» **Dataset content**:
╔══

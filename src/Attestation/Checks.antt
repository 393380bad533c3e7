-- ===== src/Attestation/Checks.antt =====
-- What a verdict on a quote says.
use email_summary.Prelude.{
  ℕ, ◌≤◌, String, ◌⊎◌, ◌≡◌, refl, sym, ap, ◌∙◌, ◌↔◌, true, false, ◌&&◌, Option, none, some, List,
  [], ◌∷◌, str_eq, eq_iff, arith, length, some_pass, inl, inr, Bool-cases, Option-cases,
}
use email_summary.Prelude.Sets.{is_member}
use email_summary.Accounts.Store.{given}
use email_summary.Attestation.{
  Tried, raised, got, Measurements, ImageRow, Allowlist, Parsed, Report, Dcap, Libraries,
  QuoteVerdict, entries, pins, pins_all, name_of, match_in, carries, binds, check_signature,
  check_report, check_image, check_parsed, verify,
}

pub Tried-cases {ℓ} :
    {A : Type ℓ} (t : Tried A) → ((e : String) × (t ≡ raised e)) ⊎ ((a : A) × (t ≡ got a))
Tried-cases (raised e) = inl (e, refl)
Tried-cases (got a) = inr (a, refl)

-- The five checks of one quote: it is a TDX quote, it carries the binding, its image is an authorized
-- one, Intel's chain signs it, and its TCB status is allowed with no rejected advisory.
pub record Passes (lib : Libraries) (list : Allowlist) (now : ℕ) (quote : String)
    (expected : List ℕ) (scope : Option String) : Type 0 where
  dcap : Dcap
  parsed : Parsed
  name : String
  report : Report
  installed : lib.dcap ≡ some dcap
  parses : dcap.parse_quote quote ≡ got parsed
  tdx : parsed.is_tdx ≡ true
  bound : binds parsed.report_data expected ≡ some true
  authorized : match_in (entries list scope) parsed.actual ≡ some (some name)
  verified : check_signature dcap list quote now ≡ got report
  tcb : is_member report.status list.allowed_tcb_status ≡ true
  advisories : some_pass (λ a. is_member a report.advisory_ids) list.rejected_advisories ≡ false

report_ok :
    (list : Allowlist) (subject : Option String) (name : String) (checked : Tried Report)
    → (check_report list subject name checked).ok ≡ true
    → (report : Report) × (checked ≡ got report)
      × (is_member report.status list.allowed_tcb_status ≡ true)
      × (some_pass (λ a. is_member a report.advisory_ids) list.rejected_advisories ≡ false)
unfolding check_report
report_ok list subject name (raised e) h = absurd (ground arith)
report_ok list subject name (got report) h = (report, refl, ground arith, ground arith)

image_ok :
    (lib : Libraries) (dcap : Dcap) (list : Allowlist) (now : ℕ) (quote : String)
    (subject : Option String) (actual : Measurements) (scope : Option String) (v : QuoteVerdict)
    → check_image lib dcap list now quote subject actual scope ≡ some v
    → v.ok ≡ true
    → (name : String) × (match_in (entries list scope) actual ≡ some (some name))
      × (check_report list subject name (check_signature dcap list quote now) ≡ v)
unfolding check_image
image_ok lib dcap list now quote subject actual scope v h ok =
    elim (Option-cases (match_in (entries list scope) actual)) [
      | inl bad ↦ absurd (ground arith)
      | inr (none, matched) ↦ absurd (ground arith)
      | inr (some name, matched) ↦ (name, matched, ground arith)
    ]

parsed_ok :
    (lib : Libraries) (dcap : Dcap) (list : Allowlist) (now : ℕ) (quote : String)
    (subject : Option String) (expected : List ℕ) (scope : Option String) (parsed : Parsed)
    (v : QuoteVerdict)
    → check_parsed lib dcap list now quote subject expected scope parsed ≡ some v
    → v.ok ≡ true
    → (parsed.is_tdx ≡ true)
      × (binds parsed.report_data expected ≡ some true)
      × (check_image lib dcap list now quote subject parsed.actual scope ≡ some v)
unfolding check_parsed
parsed_ok lib dcap list now quote subject expected scope parsed v h ok =
    elim (Bool-cases parsed.is_tdx) [
      | inr other ↦ absurd (ground arith)
      | inl tdx ↦ elim (Option-cases (binds parsed.report_data expected)) [
        | inl bad ↦ absurd (ground arith)
        | inr (false, bound) ↦ absurd (ground arith)
        | inr (true, bound) ↦ (tdx, bound, ground arith)
      ]
    ]

module _ (lib : Libraries) (list : Allowlist) (now : ℕ) (quote : String) (subject : Option String)
    (expected : List ℕ) (scope : Option String) where
  -- A call that returns was given a quote.
  verify_shown :
      (v : QuoteVerdict)
      → verify lib list now quote subject expected scope ≡ some v
      → str_eq quote "" ≡ false
  unfolding verify
  verify_shown v h = elim (Bool-cases (str_eq quote "")) [
    | inr shown ↦ shown
    | inl empty ↦
        let raises : verify lib list now quote subject expected scope ≡ none =
          rw (verify, empty) refl in
        absurd (ground (arith, sym raises ∙ h))
  ]

  verify_parses :
      (v : QuoteVerdict)
      → verify lib list now quote subject expected scope ≡ some v
      → v.ok ≡ true
      → (dcap : Dcap) × (lib.dcap ≡ some dcap)
        × (parsed : Parsed) × (dcap.parse_quote quote ≡ got parsed)
        × (check_parsed lib dcap list now quote subject expected scope parsed ≡ some v)
  unfolding verify
  verify_parses v h ok =
      let shown = verify_shown v h in
      elim (Option-cases lib.dcap) [
        | inl missing ↦ absurd (ground arith)
        | inr (dcap, installed) ↦ elim (Tried-cases (dcap.parse_quote quote)) [
          | inl (error, unparsed) ↦ absurd (ground arith)
          | inr (parsed, parses) ↦ (dcap, installed, parsed, parses, ground arith)
        ]
      ]

  pub verify_passes :
      (v : QuoteVerdict)
      → verify lib list now quote subject expected scope ≡ some v
      → v.ok ≡ true
      → Passes lib list now quote expected scope
  verify_passes v h ok =
      let (dcap, installed, parsed, parses, rest) = verify_parses v h ok in
      let (tdx, bound, image) =
        parsed_ok lib dcap list now quote subject expected scope parsed v rest ok in
      let (name, authorized, checked) =
        image_ok lib dcap list now quote subject parsed.actual scope v image ok in
      let (report, verified, tcb, none_rejected) =
        report_ok list subject name (check_signature dcap list quote now)
          (ap (λ (w : QuoteVerdict). w.ok) checked ∙ ok) in
      record {
        dcap = dcap;
        parsed = parsed;
        name = name;
        report = report;
        installed = installed;
        parses = parses;
        tdx = tdx;
        bound = bound;
        authorized = authorized;
        verified = verified;
        tcb = tcb;
        advisories = none_rejected;
      }

  passes_verify :
      str_eq quote "" ≡ false
      → Passes lib list now quote expected scope
      → (w : QuoteVerdict) × (verify lib list now quote subject expected scope ≡ some w)
        × (w.ok ≡ true)
  unfolding verify check_parsed check_image check_report
  passes_verify shown p = (
    record {
      ok = true;
      subject = subject;
      reason = none;
      measurement = some p.name;
      attested = true;
    },
    rw
        (
          verify, shown, p.installed, p.parses, check_parsed, p.tdx, p.bound, check_image,
          p.authorized, p.verified, check_report, p.tcb, p.advisories,
        )
        refl,
    refl,
  )

-- A verdict is ok exactly when the quote passes all five checks.
pub verify_ok_iff :
    (lib : Libraries) (list : Allowlist) (now : ℕ) (quote : String) (subject : Option String)
    (expected : List ℕ) (scope : Option String) (v : QuoteVerdict)
    → verify lib list now quote subject expected scope ≡ some v
    → ((v.ok ≡ true) ↔ Passes lib list now quote expected scope)
verify_ok_iff lib list now quote subject expected scope v h = (
  verify_passes lib list now quote subject expected scope v h,
  (λ p.
      let shown = verify_shown lib list now quote subject expected scope v h in
      let (w, there, ok) = passes_verify lib list now quote subject expected scope shown p in
      let same : some w ≡ some v = sym there ∙ h in ground arith),
)

carries_one :
    (bytes a b : List ℕ)
    → length a ≡ length b
    → carries bytes a ≡ true
    → carries bytes b ≡ true
    → a ≡ b
carries_one bytes [] [] n h k = refl
carries_one bytes [] (y ∷ b) n h k = absurd (omega arith)
carries_one bytes (x ∷ a) [] n h k = absurd (omega arith)
carries_one [] (x ∷ a) (y ∷ b) n h k = cc
carries_one (z ∷ bytes) (x ∷ a) (y ∷ b) n h k =
    let ih = carries_one bytes a b (omega arith) (ground arith) (ground arith) in ground arith

-- The report data of a quote stands for one binding of a length: a quote for one key is not accepted
-- for another. An empty binding is never accepted.
pub binds_one :
    (bytes a b : List ℕ)
    → length a ≡ length b
    → binds bytes a ≡ some true
    → binds bytes b ≡ some true
    → (a ≡ b) × (1 ≤ length a)
unfolding binds
binds_one bytes [] b n h k = cc
binds_one bytes (x ∷ a) [] n h k = cc
binds_one bytes (x ∷ a) (y ∷ b) n h k =
    (carries_one bytes (x ∷ a) (y ∷ b) n (ground arith) (ground arith), omega arith)

pins-given :
    (pinned actual : Option String)
    → given pinned ≡ true
    → pins pinned actual ≡ true
    → (value : String) × (actual ≡ some value) × (str_eq value "" ≡ false)
pins-given none actual g h = cc
pins-given (some value) none g h = cc
pins-given (some value) (some other) g h = (other, refl, ground (arith, eq_iff value other))

-- The image that matches has the MRTD of an entry of the allowlist, which is not empty.
pub match_in_pins :
    (rows : List ImageRow) (actual : Measurements) (name : String)
    → match_in rows actual ≡ some (some name)
    → (mr_td : String) × (actual.mr_td ≡ some mr_td)
      × (str_eq mr_td "" ≡ false)
      × (some_pass (λ row. str_eq (name_of row) name && pins_all row.pinned actual) rows ≡ true)
unfolding match_in
match_in_pins [] actual name h = cc
match_in_pins (row ∷ rows) actual name h = elim (Bool-cases (pins_all row.pinned actual)) [
  | inl fits ↦
      let named : name_of row ≡ name = ground arith in
      let (mr_td, there, full) =
        pins-given row.pinned.mr_td actual.mr_td (ground arith) (ground arith) in
      (mr_td, there, full, ground (arith, eq_iff (name_of row) name))
  | inr other ↦
      let (mr_td, there, full, later) = match_in_pins rows actual name (ground arith) in
      (mr_td, there, full, ground arith)
]
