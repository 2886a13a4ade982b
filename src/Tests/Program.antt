-- ===== src/Tests/Program.antt =====
-- A program with an RS485 context: the mode of RTS is set to "down", a message is sent, and bytes
-- come from outside.
use libtta.Base.{
  ◌≢◌, Bool-cases, inl, inr, none, ◌==◌, length-replicate, if◌then◌else◌, true, ℕ, ◌+◌, ◌≤◌, ◌<◌,
  ◌≡◌, refl, false, minus_one, pos, some, List, [], ◌∷◌, ◌++◌, length, replicate, arith,
}
use libtta.Base.Run.{ok, Returns}
use libtta.Context.{State, eintr, epipe}
use libtta.Message.Laws.{message}
use libtta.Core.Session.{
  Reach, changed, socket, set, send, called, configured, outside, here, next, run,
}
use libtta.Strlcpy.Laws.{IsText}
use libtta.Rs485.Port.{Rs485 as SerialPort}
use libtta.Rs485.Modes.{new_rs485}
use libtta.Rs485.Device as SerialDevice
use libtta.Rs485.Session as SerialSession
use libtta.Rs485.Session.Laws.{IsKept, Reach-IsKept}
use libtta.Rs485.Session.Whole.{Reach-Delivered}
use libtta.Rs485.Session.Answer.{Reach-Answer}
use libtta.Core.Request.{Answer}
use libtta.Core.Send.{IsPatient}
use libtta.Base.Buffer.{overwrite}
use libtta.Rs485.Packet.Laws.{frame}
use libtta.Core.Api
use libtta.Core.Whole.{Delivered}
use libtta.Tests.Fixture.{calm_system, calm_system-IsCalm, line, line-SerialLaws, port}
use libtta.Tests.Session.{raw_ctx, made_ctx}

abbrev raw_port : SerialPort
raw_port = record port { device = replicate 16 7; confirmation_to_ignore = true }

abbrev opened : SerialPort
opened = record {
  device = b'/' ∷ 0 ∷ replicate 14 7;
  baud = pos 9600;
  data_bit = 8;
  stop_bit = 1;
  parity = b'N';
  old_tios = port.old_tios;
  rts = 0;
  confirmation_to_ignore = false;
}

abbrev written : State SerialPort (List ℕ)
written = record {
  ctx = made_ctx;
  backend_data = record opened { rts = 2 };
  errno = epipe;
  world = 1 ∷ 2 ∷ [];
}

slash : IsText (b'/' ∷ [])
slash = ground arith

rts_set :
    SerialSession.own line
      (SerialSession.rts 2)
      (record { ctx = made_ctx; backend_data = opened; errno = eintr; world = [] })
    ≡ ok (some 0, record written { errno = eintr; world = [] })
unfolding SerialSession.own libtta.Rs485.Modes.set_rts
rts_set = refl

run_serial_message :
    run calm_system 1
      (SerialDevice.backend line calm_system 1)
      (send (message 0 1 2 3 (10 ∷ [])))
      written
    ≡ ok (tt, written)
unfolding run libtta.Core.Api.send libtta.Rs485.Packet.conv_ttamsg2pkt libtta.Base.Buffer.store
    libtta.Base.Buffer.copy_bytes libtta.Checksum.sum_xor libtta.Checksum.sum_add
    libtta.Core.Engine.send_pkt libtta.Rs485.Port.send libtta.Base.Buffer.read_bytes
run_serial_message = refl

abbrev answered : State SerialPort (List ℕ)
answered = record written { ctx = record made_ctx { s = pos 3 }; world = frame 1 2 0x83 (7 ∷ []) }

socket_set :
    answered
    ≡ record written { ctx = set (socket (pos 3)) made_ctx; world = frame 1 2 0x83 (7 ∷ []) }
unfolding set libtta.Context.set_socket
socket_set = refl

made_port :
    new_rs485 raw_ctx raw_port (b'/' ∷ 0 ∷ []) (pos 9600) b'N' 8 1 eintr
    ≡ ok (some (made_ctx, opened), eintr)
unfolding new_rs485 libtta.Base.Buffer.store
made_port = refl

served :
    Reach calm_system 1
      (SerialDevice.backend line calm_system 1)
      SerialSession.Own
      (SerialSession.own line)
      (record { ctx = made_ctx; backend_data = opened; errno = eintr; world = [] })
      answered
served =
    next
      (next
        (next
          (next (next here (configured (SerialSession.rts 2) (some 0) rts_set))
            (outside (1 ∷ 2 ∷ []) epipe refl))
          (called (send (message 0 1 2 3 (10 ∷ []))) run_serial_message))
        (outside (frame 1 2 0x83 (7 ∷ [])) epipe refl))
      (changed (socket (pos 3)) socket_set)

Reach-IsKept_example : IsKept opened answered.backend_data
Reach-IsKept_example =
    Reach-IsKept line calm_system 1 calm_system-IsCalm line-SerialLaws raw_ctx raw_port (b'/' ∷ [])
      [] (pos 9600) b'N' 8 1 eintr eintr made_ctx opened [] answered slash (omega arith) made_port
      served

Reach-Delivered_example :
    Returns
      (Api.receive calm_system 1 (SerialDevice.backend line calm_system 1) true answered)
      (λ r _. Delivered r)
Reach-Delivered_example =
    Reach-Delivered line calm_system 1 calm_system-IsCalm line-SerialLaws raw_ctx raw_port
      (b'/' ∷ []) [] (pos 9600) b'N' 8 1 eintr eintr made_ctx opened [] answered true slash
      (omega arith) made_port served

line-IsPatient :
    IsPatient calm_system 1
      (SerialDevice.link line 1)
      (overwrite (replicate 260 0) (frame 1 2 3 (10 ∷ [])))
      8
unfolding libtta.Rs485.Port.send libtta.Rs485.Port.write_uart libtta.Rs485.Port.after_write
    libtta.Rs485.Port.wait_tx libtta.Rs485.Port.ioctl_rts libtta.Base.Buffer.read_bytes
line-IsPatient = record {
  failures = λ st. 0;
  failures-lt = λ st. omega arith;
  send_returns = λ st. elim (Bool-cases (st.backend_data.rts == 0)) [
    | inl none_set ↦ rw (none_set, Returns) (λ e. absurd (some≢none e))
    | inr by_hand ↦ rw (by_hand, Returns) (λ e. absurd (some≢none e))
  ];
}
  where
    some≢none : {n : ℕ} → some n ≢ none
    some≢none {n} e = cc

Reach-Answer_example :
    Returns
      (Api.request calm_system 1
        (SerialDevice.backend line calm_system 1)
        (message 0 1 2 3 (10 ∷ []))
        answered)
      (λ r _. Answer r)
Reach-Answer_example =
    Reach-Answer line calm_system 1 calm_system-IsCalm line-SerialLaws raw_ctx raw_port (b'/' ∷ [])
      [] (pos 9600) b'N' 8 1 eintr eintr made_ctx opened [] answered 0 1 2 3 (10 ∷ [])
      (length-replicate {A = ℕ} 260 0) (omega arith) line-IsPatient slash (omega arith) made_port
      served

╚══

» **Required action**: Within the listing above, give again exactly every line from the line with "answered slash (omega arith) made_port" through the line with "Reach-Delivered line calm_system", both included, and no other line.

» **Exercise answer**:
      [] (pos 9600) b'N' 8 1 eintr eintr made_ctx opened [] answered slash (omega arith) made_port
      served

Reach-Delivered_example :
    Returns
      (Api.receive calm_system 1 (SerialDevice.backend line calm_system 1) true answered)
      (λ r _. Delivered r)
Reach-Delivered_example =
    Reach-Delivered line calm_system 1 calm_system-IsCalm line-SerialLaws raw_ctx raw_port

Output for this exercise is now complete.